> **Exercise**
Determine how many lines in the following listing include "others". Respond with that number only.

== Data records ==

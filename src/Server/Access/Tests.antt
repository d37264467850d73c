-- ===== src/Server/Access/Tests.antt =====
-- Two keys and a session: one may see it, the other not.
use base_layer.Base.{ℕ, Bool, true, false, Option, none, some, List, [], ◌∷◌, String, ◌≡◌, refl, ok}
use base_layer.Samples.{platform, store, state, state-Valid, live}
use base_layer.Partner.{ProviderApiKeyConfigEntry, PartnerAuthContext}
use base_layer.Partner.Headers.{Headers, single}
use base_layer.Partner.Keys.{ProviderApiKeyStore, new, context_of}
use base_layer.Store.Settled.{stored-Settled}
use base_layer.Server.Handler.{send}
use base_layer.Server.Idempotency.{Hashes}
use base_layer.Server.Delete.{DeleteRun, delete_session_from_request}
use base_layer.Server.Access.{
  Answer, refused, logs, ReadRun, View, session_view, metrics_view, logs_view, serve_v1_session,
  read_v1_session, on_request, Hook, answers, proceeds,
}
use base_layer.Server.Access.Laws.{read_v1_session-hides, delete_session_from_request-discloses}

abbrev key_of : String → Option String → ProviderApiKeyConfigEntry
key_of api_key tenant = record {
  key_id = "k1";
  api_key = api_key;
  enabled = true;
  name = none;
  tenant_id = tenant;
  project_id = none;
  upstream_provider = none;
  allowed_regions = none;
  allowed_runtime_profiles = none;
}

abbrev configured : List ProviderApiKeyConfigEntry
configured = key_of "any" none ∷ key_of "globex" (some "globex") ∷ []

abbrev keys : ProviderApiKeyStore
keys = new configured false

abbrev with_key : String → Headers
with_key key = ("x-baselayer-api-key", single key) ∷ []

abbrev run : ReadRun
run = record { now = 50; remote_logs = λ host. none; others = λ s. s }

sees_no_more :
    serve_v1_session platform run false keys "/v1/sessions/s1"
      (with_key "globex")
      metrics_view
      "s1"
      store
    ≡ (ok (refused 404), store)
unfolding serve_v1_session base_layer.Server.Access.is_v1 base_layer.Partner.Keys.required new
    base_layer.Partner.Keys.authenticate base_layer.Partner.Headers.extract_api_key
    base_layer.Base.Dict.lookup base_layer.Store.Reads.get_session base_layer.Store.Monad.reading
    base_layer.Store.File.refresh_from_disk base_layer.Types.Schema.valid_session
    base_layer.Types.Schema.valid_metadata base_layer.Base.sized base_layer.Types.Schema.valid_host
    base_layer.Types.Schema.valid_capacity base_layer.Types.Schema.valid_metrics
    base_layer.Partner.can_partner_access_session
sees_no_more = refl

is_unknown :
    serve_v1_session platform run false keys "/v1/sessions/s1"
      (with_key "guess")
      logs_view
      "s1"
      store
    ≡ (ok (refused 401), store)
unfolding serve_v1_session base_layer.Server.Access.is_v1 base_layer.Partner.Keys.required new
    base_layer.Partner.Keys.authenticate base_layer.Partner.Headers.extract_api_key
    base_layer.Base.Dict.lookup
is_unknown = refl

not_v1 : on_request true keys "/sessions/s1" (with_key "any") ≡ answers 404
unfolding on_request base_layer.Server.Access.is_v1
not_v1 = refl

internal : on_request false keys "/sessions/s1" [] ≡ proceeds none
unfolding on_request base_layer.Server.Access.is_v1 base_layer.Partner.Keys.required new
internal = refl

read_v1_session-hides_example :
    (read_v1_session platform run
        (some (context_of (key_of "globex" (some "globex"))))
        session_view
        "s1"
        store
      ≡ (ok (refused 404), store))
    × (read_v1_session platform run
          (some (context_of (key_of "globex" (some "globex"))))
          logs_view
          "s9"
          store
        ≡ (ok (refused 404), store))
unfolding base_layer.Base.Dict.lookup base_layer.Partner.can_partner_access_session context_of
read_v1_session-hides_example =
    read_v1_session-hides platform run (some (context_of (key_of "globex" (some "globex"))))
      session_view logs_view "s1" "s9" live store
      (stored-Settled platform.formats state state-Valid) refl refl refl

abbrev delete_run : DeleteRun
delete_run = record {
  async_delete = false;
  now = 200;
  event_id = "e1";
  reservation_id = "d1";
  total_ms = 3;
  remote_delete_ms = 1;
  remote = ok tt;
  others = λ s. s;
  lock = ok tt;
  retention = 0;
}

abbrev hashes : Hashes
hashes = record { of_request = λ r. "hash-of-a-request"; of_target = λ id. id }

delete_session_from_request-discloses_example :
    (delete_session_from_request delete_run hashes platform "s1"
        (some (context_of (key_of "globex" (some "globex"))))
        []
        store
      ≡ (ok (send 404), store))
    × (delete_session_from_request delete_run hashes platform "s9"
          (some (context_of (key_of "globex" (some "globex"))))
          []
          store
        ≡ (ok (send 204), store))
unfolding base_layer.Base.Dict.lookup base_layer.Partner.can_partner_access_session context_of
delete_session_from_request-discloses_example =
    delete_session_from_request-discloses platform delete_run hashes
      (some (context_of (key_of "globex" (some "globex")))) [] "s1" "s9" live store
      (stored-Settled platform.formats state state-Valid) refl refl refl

===

> **Answer to the problem**
2